**TASK PROMPT**
Your reply should consist solely of the lines from the start of the material below through the line containing "w c files).1 ≡ ok tt", reproduced exactly.
----------
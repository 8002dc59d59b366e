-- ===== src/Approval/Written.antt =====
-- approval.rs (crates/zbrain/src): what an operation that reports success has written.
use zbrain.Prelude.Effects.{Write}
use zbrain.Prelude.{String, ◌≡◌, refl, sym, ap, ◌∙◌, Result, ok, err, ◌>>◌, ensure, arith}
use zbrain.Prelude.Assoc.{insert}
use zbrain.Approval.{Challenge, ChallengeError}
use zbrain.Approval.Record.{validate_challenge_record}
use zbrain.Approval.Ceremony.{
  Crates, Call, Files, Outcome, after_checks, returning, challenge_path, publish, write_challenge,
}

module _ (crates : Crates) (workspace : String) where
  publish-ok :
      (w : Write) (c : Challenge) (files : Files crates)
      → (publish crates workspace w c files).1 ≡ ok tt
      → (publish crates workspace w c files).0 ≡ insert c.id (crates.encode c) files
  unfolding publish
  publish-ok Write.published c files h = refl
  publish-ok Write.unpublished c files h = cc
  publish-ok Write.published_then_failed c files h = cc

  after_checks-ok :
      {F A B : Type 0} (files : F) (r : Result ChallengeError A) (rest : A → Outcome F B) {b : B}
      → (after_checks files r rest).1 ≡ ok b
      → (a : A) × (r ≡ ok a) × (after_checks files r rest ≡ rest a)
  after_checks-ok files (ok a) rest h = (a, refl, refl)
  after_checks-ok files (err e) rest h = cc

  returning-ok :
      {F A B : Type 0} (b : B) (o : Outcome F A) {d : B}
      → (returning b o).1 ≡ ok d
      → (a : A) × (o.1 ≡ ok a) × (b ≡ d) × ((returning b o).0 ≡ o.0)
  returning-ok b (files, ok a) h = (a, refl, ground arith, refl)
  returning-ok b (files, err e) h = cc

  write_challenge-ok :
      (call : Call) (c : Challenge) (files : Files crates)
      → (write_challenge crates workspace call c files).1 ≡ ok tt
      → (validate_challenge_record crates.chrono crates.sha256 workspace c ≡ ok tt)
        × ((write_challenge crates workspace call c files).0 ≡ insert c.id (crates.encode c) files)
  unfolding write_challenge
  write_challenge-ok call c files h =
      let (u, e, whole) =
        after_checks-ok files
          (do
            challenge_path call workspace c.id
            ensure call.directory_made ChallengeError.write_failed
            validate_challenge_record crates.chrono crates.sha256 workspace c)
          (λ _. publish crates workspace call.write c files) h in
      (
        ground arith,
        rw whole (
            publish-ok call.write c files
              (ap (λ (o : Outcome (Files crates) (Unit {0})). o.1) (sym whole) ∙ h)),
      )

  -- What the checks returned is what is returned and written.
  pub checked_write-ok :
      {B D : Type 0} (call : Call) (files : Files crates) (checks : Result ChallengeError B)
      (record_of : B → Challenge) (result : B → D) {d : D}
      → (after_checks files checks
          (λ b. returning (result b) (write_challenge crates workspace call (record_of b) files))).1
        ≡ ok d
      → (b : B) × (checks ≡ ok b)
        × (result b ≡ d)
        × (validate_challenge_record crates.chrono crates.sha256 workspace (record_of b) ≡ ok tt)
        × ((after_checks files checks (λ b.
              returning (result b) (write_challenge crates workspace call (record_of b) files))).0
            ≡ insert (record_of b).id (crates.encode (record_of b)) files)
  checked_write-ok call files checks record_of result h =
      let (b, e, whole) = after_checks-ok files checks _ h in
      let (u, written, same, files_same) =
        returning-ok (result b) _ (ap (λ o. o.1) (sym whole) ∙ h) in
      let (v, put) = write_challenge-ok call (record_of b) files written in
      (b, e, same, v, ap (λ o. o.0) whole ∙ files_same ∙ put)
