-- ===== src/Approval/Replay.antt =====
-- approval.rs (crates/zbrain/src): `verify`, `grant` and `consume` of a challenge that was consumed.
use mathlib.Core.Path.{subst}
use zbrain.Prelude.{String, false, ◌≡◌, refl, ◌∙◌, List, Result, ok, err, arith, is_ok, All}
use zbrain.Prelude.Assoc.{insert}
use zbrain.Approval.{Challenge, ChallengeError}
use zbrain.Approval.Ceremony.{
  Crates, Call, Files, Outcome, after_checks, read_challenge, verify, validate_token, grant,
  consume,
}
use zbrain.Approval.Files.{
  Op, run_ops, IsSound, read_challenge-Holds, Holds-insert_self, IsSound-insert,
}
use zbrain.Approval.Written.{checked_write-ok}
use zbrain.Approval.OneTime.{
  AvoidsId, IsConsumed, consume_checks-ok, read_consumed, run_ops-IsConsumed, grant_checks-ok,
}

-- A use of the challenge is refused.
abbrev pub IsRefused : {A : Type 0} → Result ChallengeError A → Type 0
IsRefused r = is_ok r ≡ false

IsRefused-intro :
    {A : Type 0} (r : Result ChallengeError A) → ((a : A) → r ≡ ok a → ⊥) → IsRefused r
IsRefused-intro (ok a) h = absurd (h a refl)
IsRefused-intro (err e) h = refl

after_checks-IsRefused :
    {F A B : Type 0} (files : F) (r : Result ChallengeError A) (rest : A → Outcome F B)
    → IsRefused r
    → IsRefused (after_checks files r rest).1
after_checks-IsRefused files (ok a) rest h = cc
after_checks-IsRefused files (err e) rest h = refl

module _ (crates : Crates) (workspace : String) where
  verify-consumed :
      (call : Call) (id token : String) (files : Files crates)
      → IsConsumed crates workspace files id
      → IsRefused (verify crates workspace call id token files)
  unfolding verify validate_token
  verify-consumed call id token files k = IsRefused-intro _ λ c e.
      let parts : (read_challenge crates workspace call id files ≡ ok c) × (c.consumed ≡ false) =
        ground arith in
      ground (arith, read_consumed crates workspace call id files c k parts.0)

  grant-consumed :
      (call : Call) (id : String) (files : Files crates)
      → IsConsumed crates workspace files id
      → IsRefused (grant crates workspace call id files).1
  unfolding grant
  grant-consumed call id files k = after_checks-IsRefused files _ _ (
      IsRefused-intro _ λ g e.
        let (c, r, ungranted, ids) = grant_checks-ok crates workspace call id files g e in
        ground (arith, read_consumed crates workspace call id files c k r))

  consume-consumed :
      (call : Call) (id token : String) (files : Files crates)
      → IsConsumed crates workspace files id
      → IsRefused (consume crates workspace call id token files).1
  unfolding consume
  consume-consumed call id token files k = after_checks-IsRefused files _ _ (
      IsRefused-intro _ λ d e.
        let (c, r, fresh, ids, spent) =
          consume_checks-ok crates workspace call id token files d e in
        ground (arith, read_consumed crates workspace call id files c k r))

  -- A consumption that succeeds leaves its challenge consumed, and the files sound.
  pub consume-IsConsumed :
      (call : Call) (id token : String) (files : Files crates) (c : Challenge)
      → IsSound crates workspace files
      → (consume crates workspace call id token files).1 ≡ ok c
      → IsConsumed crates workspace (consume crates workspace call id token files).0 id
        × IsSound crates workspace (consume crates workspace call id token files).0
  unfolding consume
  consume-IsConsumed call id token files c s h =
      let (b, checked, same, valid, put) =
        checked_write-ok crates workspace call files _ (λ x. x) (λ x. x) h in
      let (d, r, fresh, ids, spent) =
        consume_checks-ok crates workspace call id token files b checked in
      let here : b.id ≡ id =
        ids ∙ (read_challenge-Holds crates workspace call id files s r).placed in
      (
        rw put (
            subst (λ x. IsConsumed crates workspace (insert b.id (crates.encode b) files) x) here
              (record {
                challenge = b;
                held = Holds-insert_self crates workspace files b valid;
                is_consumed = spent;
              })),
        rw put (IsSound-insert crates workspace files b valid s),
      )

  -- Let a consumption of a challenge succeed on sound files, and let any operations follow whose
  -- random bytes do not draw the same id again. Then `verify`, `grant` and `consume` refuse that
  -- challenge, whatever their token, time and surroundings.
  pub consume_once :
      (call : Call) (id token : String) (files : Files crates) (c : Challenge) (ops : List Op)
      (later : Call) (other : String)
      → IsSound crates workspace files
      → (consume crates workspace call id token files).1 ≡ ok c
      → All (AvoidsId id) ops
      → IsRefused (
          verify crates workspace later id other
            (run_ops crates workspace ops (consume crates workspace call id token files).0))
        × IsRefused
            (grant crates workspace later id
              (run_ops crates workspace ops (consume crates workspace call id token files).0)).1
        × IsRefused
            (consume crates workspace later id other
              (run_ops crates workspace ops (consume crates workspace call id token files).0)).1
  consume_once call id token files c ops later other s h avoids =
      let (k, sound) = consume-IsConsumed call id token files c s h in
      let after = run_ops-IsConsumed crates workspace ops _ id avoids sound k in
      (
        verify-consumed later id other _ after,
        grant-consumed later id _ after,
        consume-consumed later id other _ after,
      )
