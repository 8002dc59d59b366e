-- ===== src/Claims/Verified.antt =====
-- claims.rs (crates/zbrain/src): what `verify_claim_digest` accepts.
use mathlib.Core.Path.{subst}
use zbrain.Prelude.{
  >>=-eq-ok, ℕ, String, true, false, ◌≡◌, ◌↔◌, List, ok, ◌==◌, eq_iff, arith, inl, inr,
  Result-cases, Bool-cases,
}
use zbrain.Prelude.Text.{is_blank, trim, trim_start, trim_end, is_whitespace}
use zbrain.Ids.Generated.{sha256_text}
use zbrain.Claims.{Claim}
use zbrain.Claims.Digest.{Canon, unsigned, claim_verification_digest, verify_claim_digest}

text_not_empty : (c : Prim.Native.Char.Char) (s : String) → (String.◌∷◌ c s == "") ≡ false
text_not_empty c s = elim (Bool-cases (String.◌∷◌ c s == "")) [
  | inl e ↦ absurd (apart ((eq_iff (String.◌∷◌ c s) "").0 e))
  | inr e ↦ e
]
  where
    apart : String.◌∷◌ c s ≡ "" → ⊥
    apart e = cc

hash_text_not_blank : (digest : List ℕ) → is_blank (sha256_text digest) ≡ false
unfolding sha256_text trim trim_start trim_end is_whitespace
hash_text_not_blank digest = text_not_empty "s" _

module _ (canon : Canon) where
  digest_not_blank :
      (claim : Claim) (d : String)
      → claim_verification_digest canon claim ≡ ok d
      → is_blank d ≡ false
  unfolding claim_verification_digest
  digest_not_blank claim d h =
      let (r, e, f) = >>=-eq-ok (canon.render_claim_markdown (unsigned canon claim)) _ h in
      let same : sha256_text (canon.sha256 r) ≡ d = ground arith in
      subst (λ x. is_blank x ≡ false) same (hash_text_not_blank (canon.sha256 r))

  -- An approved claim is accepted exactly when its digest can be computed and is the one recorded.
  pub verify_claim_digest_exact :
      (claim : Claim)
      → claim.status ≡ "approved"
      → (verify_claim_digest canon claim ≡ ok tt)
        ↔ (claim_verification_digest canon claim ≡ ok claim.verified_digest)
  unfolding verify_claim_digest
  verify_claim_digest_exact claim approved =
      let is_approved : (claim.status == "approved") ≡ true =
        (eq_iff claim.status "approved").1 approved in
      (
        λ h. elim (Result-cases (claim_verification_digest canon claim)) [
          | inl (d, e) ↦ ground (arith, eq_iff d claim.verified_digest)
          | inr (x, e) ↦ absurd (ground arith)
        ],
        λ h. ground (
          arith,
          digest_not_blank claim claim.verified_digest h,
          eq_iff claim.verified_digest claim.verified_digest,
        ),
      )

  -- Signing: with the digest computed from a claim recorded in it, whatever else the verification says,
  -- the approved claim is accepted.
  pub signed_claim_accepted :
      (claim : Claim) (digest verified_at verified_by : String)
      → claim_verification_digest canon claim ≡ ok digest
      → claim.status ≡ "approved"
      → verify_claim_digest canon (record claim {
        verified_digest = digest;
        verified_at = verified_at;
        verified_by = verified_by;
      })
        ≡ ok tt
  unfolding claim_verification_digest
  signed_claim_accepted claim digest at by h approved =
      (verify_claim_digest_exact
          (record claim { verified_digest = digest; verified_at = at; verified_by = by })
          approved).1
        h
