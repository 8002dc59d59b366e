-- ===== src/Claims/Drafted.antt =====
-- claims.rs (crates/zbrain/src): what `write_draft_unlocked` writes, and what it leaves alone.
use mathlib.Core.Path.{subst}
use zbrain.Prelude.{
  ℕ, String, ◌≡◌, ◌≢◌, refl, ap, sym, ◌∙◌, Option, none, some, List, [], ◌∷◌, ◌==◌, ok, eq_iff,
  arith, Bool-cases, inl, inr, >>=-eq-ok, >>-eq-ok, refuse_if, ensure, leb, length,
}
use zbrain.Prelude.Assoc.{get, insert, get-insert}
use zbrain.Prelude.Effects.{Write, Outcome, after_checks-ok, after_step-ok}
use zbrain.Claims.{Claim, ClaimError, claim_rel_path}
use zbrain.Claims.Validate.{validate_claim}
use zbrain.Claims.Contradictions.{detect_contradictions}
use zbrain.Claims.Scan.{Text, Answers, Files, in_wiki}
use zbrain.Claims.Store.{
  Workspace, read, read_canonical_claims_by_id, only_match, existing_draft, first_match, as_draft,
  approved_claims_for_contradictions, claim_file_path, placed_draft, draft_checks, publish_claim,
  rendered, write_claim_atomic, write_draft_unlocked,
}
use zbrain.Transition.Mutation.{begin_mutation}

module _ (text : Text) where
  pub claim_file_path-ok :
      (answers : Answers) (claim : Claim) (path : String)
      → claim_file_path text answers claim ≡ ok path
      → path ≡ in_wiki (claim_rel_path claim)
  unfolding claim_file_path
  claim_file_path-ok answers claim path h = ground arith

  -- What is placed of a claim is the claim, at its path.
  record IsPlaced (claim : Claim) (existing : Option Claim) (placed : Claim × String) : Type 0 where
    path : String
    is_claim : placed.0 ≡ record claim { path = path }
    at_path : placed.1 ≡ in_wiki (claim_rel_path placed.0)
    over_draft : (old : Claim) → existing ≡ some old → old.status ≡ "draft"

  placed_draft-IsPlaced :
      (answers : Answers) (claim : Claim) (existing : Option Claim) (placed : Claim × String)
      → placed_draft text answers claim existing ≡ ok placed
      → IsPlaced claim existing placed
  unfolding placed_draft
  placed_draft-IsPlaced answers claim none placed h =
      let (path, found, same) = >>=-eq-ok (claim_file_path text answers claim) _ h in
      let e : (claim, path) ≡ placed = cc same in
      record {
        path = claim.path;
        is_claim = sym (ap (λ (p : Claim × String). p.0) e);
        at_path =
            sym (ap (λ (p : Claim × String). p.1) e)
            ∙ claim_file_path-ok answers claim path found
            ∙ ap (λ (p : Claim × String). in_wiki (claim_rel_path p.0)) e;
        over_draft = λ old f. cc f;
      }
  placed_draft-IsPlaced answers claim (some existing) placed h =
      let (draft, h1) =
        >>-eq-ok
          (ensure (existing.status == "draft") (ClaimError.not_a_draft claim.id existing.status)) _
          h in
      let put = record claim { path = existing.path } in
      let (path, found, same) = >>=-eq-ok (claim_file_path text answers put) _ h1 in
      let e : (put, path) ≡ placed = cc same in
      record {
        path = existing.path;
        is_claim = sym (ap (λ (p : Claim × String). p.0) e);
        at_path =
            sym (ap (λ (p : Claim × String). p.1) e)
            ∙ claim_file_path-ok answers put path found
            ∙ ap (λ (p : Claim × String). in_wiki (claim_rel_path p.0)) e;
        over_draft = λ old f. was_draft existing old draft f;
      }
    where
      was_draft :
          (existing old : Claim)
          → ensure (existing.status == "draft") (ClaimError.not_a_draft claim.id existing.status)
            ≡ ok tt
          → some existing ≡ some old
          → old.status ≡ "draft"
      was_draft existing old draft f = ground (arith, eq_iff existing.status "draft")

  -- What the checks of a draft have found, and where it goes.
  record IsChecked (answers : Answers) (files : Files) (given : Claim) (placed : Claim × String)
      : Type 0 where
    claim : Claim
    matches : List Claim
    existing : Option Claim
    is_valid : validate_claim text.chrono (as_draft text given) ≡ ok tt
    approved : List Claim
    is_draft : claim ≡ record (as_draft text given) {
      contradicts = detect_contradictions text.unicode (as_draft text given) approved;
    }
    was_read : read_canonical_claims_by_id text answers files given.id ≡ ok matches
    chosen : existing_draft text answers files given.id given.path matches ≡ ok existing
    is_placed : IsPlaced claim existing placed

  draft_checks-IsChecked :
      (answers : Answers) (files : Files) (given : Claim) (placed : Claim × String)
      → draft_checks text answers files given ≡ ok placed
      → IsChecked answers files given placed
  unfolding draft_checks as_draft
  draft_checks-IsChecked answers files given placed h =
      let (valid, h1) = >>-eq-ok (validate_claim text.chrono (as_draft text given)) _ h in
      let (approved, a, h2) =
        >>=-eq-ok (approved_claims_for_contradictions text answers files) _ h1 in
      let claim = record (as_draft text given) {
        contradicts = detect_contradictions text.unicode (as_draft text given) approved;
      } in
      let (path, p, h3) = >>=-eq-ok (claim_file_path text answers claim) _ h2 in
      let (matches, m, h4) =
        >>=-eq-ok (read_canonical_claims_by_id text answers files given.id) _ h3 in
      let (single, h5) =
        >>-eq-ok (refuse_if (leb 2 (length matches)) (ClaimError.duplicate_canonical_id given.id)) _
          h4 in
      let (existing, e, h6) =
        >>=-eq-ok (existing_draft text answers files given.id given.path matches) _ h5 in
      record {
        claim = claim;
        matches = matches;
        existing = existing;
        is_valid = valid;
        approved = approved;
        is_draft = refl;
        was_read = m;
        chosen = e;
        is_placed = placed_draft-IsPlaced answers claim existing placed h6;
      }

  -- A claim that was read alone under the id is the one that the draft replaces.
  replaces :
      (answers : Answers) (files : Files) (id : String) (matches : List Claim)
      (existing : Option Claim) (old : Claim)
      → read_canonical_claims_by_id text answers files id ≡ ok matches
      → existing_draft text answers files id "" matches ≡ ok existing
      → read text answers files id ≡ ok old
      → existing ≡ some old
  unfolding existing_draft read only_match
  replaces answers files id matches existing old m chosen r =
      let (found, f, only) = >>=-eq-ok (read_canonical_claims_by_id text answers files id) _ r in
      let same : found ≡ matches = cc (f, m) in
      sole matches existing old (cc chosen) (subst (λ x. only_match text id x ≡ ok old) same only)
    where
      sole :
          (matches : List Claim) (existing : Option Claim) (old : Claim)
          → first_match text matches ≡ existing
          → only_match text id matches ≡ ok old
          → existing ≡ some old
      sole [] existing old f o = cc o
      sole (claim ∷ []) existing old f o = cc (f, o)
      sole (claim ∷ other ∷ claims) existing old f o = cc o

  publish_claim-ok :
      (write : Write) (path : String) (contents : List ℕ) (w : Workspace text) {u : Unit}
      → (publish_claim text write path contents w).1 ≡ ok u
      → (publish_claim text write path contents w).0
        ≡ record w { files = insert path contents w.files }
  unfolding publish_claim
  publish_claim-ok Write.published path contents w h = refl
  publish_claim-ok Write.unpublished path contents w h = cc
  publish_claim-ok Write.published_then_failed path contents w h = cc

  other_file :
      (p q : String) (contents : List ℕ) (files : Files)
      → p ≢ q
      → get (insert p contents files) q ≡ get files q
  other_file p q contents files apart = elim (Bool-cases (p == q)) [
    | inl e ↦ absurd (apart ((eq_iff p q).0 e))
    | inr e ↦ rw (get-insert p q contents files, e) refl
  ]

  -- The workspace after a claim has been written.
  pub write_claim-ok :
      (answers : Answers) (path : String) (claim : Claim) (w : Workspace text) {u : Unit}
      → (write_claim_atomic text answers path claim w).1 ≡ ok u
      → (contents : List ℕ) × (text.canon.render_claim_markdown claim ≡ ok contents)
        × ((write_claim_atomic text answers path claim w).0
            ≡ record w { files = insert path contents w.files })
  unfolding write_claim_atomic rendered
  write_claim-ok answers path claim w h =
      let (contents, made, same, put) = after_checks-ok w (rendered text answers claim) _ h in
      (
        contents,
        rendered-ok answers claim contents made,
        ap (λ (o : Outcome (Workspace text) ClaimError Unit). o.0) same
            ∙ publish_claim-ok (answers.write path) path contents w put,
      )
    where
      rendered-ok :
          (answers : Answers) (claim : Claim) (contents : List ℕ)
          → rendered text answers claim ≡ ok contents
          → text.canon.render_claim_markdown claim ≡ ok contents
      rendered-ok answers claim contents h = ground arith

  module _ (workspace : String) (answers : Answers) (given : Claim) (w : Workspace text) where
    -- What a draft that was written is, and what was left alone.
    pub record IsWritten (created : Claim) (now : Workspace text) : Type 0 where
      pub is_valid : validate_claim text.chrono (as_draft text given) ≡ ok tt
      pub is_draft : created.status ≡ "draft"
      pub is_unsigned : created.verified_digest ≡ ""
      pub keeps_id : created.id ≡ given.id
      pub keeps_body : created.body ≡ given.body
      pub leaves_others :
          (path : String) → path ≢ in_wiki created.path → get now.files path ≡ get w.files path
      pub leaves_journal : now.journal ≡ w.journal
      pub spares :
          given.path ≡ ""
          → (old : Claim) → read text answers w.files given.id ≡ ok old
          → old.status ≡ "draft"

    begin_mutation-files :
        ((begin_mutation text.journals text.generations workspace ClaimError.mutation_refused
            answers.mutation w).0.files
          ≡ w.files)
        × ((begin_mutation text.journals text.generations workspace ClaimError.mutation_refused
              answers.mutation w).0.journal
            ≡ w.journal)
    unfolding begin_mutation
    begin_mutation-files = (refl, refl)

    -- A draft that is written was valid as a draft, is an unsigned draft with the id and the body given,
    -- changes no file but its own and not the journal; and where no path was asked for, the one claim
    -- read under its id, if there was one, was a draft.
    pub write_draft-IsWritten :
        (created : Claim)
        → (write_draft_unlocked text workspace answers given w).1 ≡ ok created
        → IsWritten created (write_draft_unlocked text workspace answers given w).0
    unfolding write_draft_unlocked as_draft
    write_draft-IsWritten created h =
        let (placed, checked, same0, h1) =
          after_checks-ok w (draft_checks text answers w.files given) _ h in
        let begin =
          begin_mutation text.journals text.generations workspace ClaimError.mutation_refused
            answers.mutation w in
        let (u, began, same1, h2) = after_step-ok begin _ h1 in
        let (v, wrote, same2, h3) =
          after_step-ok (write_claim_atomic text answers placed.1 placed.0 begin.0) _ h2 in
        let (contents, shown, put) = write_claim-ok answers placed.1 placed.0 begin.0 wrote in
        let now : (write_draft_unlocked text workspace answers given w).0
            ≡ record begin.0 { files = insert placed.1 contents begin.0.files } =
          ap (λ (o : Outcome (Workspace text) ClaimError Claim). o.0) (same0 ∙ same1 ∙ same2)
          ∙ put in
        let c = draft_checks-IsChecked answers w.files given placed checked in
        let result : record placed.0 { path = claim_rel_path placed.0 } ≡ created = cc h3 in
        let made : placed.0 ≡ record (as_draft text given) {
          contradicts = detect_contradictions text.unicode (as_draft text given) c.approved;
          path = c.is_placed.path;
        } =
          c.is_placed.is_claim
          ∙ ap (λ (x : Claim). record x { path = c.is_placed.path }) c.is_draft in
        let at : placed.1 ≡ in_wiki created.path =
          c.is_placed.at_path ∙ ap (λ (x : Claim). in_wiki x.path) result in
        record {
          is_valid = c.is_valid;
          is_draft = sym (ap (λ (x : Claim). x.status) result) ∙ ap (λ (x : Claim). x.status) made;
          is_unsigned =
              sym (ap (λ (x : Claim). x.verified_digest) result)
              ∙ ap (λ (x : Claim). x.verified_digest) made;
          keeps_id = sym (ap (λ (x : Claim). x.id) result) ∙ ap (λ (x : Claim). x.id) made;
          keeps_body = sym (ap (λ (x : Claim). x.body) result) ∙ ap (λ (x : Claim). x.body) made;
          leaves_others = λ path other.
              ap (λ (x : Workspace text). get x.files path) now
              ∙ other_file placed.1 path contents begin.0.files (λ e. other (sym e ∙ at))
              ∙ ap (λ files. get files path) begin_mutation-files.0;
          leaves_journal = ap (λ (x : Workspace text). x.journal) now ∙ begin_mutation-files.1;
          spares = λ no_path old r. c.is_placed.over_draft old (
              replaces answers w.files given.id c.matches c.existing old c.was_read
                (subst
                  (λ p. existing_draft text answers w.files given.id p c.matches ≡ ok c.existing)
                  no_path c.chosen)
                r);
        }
----------
**SOLUTION**
repository 8002dc59d59b366e
-- ===== src/Approval/Written.antt =====
-- approval.rs (crates/zbrain/src): what an operation that reports success has written.
use zbrain.Prelude.Effects.{Write}
use zbrain.Prelude.{String, ◌≡◌, refl, sym, ap, ◌∙◌, Result, ok, err, ◌>>◌, ensure, arith}
use zbrain.Prelude.Assoc.{insert}
use zbrain.Approval.{Challenge, ChallengeError}
use zbrain.Approval.Record.{validate_challenge_record}
use zbrain.Approval.Ceremony.{
  Crates, Call, Files, Outcome, after_checks, returning, challenge_path, publish, write_challenge,
}

module _ (crates : Crates) (workspace : String) where
  publish-ok :
      (w : Write) (c : Challenge) (files : Files crates)
      → (publish crates workspace w c files).1 ≡ ok tt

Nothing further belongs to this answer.